> **DESCRIPTION OF THE TASK**: Please print each record that follows precisely as it appears.

Data extracted from a collection
========================================================================

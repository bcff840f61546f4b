-- ===== src/Client/Store/Open.antt =====
-- `Store::open` and `create_parent` of rust/crates/clickman/src/store.rs. `FileSystem` stands for
-- `Path::parent`, `create_dir_all`, and `Connection::open` with the pragma of the journal: the file
-- that is opened, or none where SQLite fails. What is not committed stays as it was.
use clickman.Base.{
  ◌≡◌, refl, sym, ap, ◌∙◌, ◌⊎◌, inl, inr, Bool, Option, none, some, arith, if◌then◌else◌,
  Option-cases, Bool-cases, zero, suc,
}
use clickman.Base.Int.{ℤ, pos, negsuc, ◌<ℤ◌}
use clickman.Base.Text.{Text, is_blank}
use clickman.Client.Error.{Result, ok, err, ◌>>=◌, store_directory, storage, newer_store}
use clickman.Client.Store.Migrate.{File, migrate_from, migrate, migrate-migrate, format}

pub record FileSystem : Type 0 where
  pub parent : Text → Option Text
  pub create_dir_all : Text → Bool
  pub connect : Text → Option File

-- `filter(|parent| !parent.as_os_str().is_empty())`
abbrev named : Option Text → Option Text
named none = none
named (some directory) = if is_blank directory then none else some directory

module _ (fs : FileSystem) where
  unfoldable pub create_parent : Text → Result (Unit {0})
  create_parent path = elim (named (fs.parent path)) [
    | none ↦ ok tt
    | some directory ↦ if fs.create_dir_all directory then ok tt else err store_directory
  ]

  abbrev pub connected : Option File → Result File
  connected none = err storage
  connected (some file) = ok file

  -- `Store::open`, with the file after it.
  unfoldable pub open_file : Text → Result File
  unfolding create_parent
  open_file path = create_parent path >>= λ u. connected (fs.connect path) >>= migrate

  create_parent-cases :
      (path : Text) → (create_parent path ≡ ok tt) ⊎ (create_parent path ≡ err store_directory)
  unfolding create_parent
  create_parent-cases path = elim (Option-cases (named (fs.parent path))) [
    | inl e ↦ inl (rw (e, create_parent) refl)
    | inr (directory, e) ↦ elim (Bool-cases (fs.create_dir_all directory)) [
      | inl made ↦ inl (rw (e, create_parent) (rw made refl))
      | inr fails ↦ inr (rw (e, create_parent) (rw fails refl))
    ]
  ]

  open_file-connected :
      (path : Text)
      → create_parent path ≡ ok tt
      → open_file path ≡ (connected (fs.connect path) >>= migrate)
  unfolding open_file
  open_file-connected path made =
      ap (λ (r : Result (Unit {0})). r >>= λ u. connected (fs.connect path) >>= migrate) made

  connected-migrate :
      (file : Option File) (after : File)
      → (connected file >>= migrate) ≡ ok after
      → (before : File) × (file ≡ some before) × (migrate before ≡ ok after)
  connected-migrate none after h = absurd (ground arith)
  connected-migrate (some before) after h = (before, refl, h)

  migrate-newer :
      (file : File)
      → format <ℤ file.user_version
      → migrate file ≡ err (newer_store file.user_version)
  unfolding migrate
  migrate-newer file newer = from file.user_version newer
    where
      from : (v : ℤ) → format <ℤ v → migrate_from v file ≡ err (newer_store v)
      from (pos zero) h = absurd (ground arith)
      from (pos (suc zero)) h = absurd (ground arith)
      from (pos (suc (suc n))) h = unfold migrate_from in refl
      from (negsuc n) h = absurd (ground arith)

-- The file system in which the file at every path is this one.
abbrev pub holding : FileSystem → File → FileSystem
holding fs file = record fs { connect = λ path. some file }

-- A store that is opened was there or is new, its directory is there, and its file is migrated to the
-- current format; opened again it is the same.
pub open_file-migrate :
    (fs : FileSystem) (path : Text) (after : File)
    → open_file fs path ≡ ok after
    → (before : File) × (fs.connect path ≡ some before)
      × (migrate before ≡ ok after)
      × (create_parent fs path ≡ ok tt)
      × (after.user_version ≡ format)
      × (open_file (holding fs after) path ≡ ok after)
unfolding open_file create_parent
open_file-migrate fs path after h = elim (create_parent-cases fs path) [
  | inl made ↦
      let (before, found, migrated) =
        connected-migrate fs (fs.connect path) after (sym (open_file-connected fs path made) ∙ h) in
      let (current, again) = migrate-migrate before after migrated in
      (
        before,
        found,
        migrated,
        made,
        current,
        open_file-connected (holding fs after) path made ∙ again,
      )
  | inr fails ↦ absurd (
      err-ok (
        sym (
          ap (λ (r : Result (Unit {0})). r >>= λ u. connected fs (fs.connect path) >>= migrate)
            fails)
        ∙ h))
]
  where
    err-ok : ◌≡◌ {A = Result File} (err store_directory) (ok after) → ⊥
    err-ok h = cc

-- A file of a later format is refused, whatever it holds, with its format as the reason, unless its
-- directory is refused first.
pub open_file-newer :
    (fs : FileSystem) (path : Text) (file : File)
    → fs.connect path ≡ some file
    → format <ℤ file.user_version
    → (open_file fs path ≡ err store_directory)
      ⊎ (open_file fs path ≡ err (newer_store file.user_version))
unfolding open_file
open_file-newer fs path file found newer = elim (create_parent-cases fs path) [
  | inl made ↦ inr (
      open_file-connected fs path made
      ∙ (ap (λ f. connected fs f >>= migrate) found ∙ migrate-newer fs file newer))
  | inr fails ↦
      inl (
        ap (λ (r : Result (Unit {0})). r >>= λ u. connected fs (fs.connect path) >>= migrate) fails)
]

========================================================================

> **EXERCISE OUTPUT**:
repository bcff840f61546f4b
-- ===== src/Client/Store/Open.antt =====
-- `Store::open` and `create_parent` of rust/crates/clickman/src/store.rs. `FileSystem` stands for
-- `Path::parent`, `create_dir_all`, and `Connection::open` with the pragma of the journal: the file
-- that is opened, or none where SQLite fails. What is not committed stays as it was.
use clickman.Base.{
  ◌≡◌, refl, sym, ap, ◌∙◌, ◌⊎◌, inl, inr, Bool, Option, none, some, arith, if◌then◌else◌,
  Option-cases, Bool-cases, zero, suc,
}
use clickman.Base.Int.{ℤ, pos, negsuc, ◌<ℤ◌}
use clickman.Base.Text.{Text, is_blank}
use clickman.Client.Error.{Result, ok, err, ◌>>=◌, store_directory, storage, newer_store}
use clickman.Client.Store.Migrate.{File, migrate_from, migrate, migrate-migrate, format}

pub record FileSystem : Type 0 where
  pub parent : Text → Option Text
  pub create_dir_all : Text → Bool
  pub connect : Text → Option File

-- `filter(|parent| !parent.as_os_str().is_empty())`
abbrev named : Option Text → Option Text
named none = none
named (some directory) = if is_blank directory then none else some directory

module _ (fs : FileSystem) where
  unfoldable pub create_parent : Text → Result (Unit {0})
  create_parent path = elim (named (fs.parent path)) [
    | none ↦ ok tt
    | some directory ↦ if fs.create_dir_all directory then ok tt else err store_directory
  ]

  abbrev pub connected : Option File → Result File
  connected none = err storage
  connected (some file) = ok file

  -- `Store::open`, with the file after it.
  unfoldable pub open_file : Text → Result File
  unfolding create_parent
  open_file path = create_parent path >>= λ u. connected (fs.connect path) >>= migrate

  create_parent-cases :
      (path : Text) → (create_parent path ≡ ok tt) ⊎ (create_parent path ≡ err store_directory)
  unfolding create_parent
  create_parent-cases path = elim (Option-cases (named (fs.parent path))) [
    | inl e ↦ inl (rw (e, create_parent) refl)
    | inr (directory, e) ↦ elim (Bool-cases (fs.create_dir_all directory)) [
      | inl made ↦ inl (rw (e, create_parent) (rw made refl))
      | inr fails ↦ inr (rw (e, create_parent) (rw fails refl))
    ]
  ]

  open_file-connected :
      (path : Text)
      → create_parent path ≡ ok tt
      → open_file path ≡ (connected (fs.connect path) >>= migrate)
  unfolding open_file
  open_file-connected path made =
      ap (λ (r : Result (Unit {0})). r >>= λ u. connected (fs.connect path) >>= migrate) made

  connected-migrate :
      (file : Option File) (after : File)
      → (connected file >>= migrate) ≡ ok after
      → (before : File) × (file ≡ some before) × (migrate before ≡ ok after)
  connected-migrate none after h = absurd (ground arith)
  connected-migrate (some before) after h = (before, refl, h)

  migrate-newer :
      (file : File)
      → format <ℤ file.user_version
      → migrate file ≡ err (newer_store file.user_version)
  unfolding migrate
  migrate-newer file newer = from file.user_version newer
    where
      from : (v : ℤ) → format <ℤ v → migrate_from v file ≡ err (newer_store v)
      from (pos zero) h = absurd (ground arith)
      from (pos (suc zero)) h = absurd (ground arith)
      from (pos (suc (suc n))) h = unfold migrate_from in refl
      from (negsuc n) h = absurd (ground arith)

-- The file system in which the file at every path is this one.
abbrev pub holding : FileSystem → File → FileSystem
holding fs file = record fs { connect = λ path. some file }

-- A store that is opened was there or is new, its directory is there, and its file is migrated to the
-- current format; opened again it is the same.
pub open_file-migrate :
    (fs : FileSystem) (path : Text) (after : File)
    → open_file fs path ≡ ok after
    → (before : File) × (fs.connect path ≡ some before)
      × (migrate before ≡ ok after)
      × (create_parent fs path ≡ ok tt)
      × (after.user_version ≡ format)
      × (open_file (holding fs after) path ≡ ok after)
unfolding open_file create_parent
open_file-migrate fs path after h = elim (create_parent-cases fs path) [
  | inl made ↦
      let (before, found, migrated) =
        connected-migrate fs (fs.connect path) after (sym (open_file-connected fs path made) ∙ h) in
      let (current, again) = migrate-migrate before after migrated in
      (
        before,
        found,
        migrated,
        made,
        current,
        open_file-connected (holding fs after) path made ∙ again,
      )
  | inr fails ↦ absurd (
      err-ok (
        sym (
          ap (λ (r : Result (Unit {0})). r >>= λ u. connected fs (fs.connect path) >>= migrate)
            fails)
        ∙ h))
]
  where
    err-ok : ◌≡◌ {A = Result File} (err store_directory) (ok after) → ⊥
    err-ok h = cc

-- A file of a later format is refused, whatever it holds, with its format as the reason, unless its
-- directory is refused first.
pub open_file-newer :
    (fs : FileSystem) (path : Text) (file : File)
    → fs.connect path ≡ some file
    → format <ℤ file.user_version
    → (open_file fs path ≡ err store_directory)
      ⊎ (open_file fs path ≡ err (newer_store file.user_version))
unfolding open_file
open_file-newer fs path file found newer = elim (create_parent-cases fs path) [
  | inl made ↦ inr (
      open_file-connected fs path made
      ∙ (ap (λ f. connected fs f >>= migrate) found ∙ migrate-newer fs file newer))
  | inr fails ↦
      inl (
        ap (λ (r : Result (Unit {0})). r >>= λ u. connected fs (fs.connect path) >>= migrate) fails)
]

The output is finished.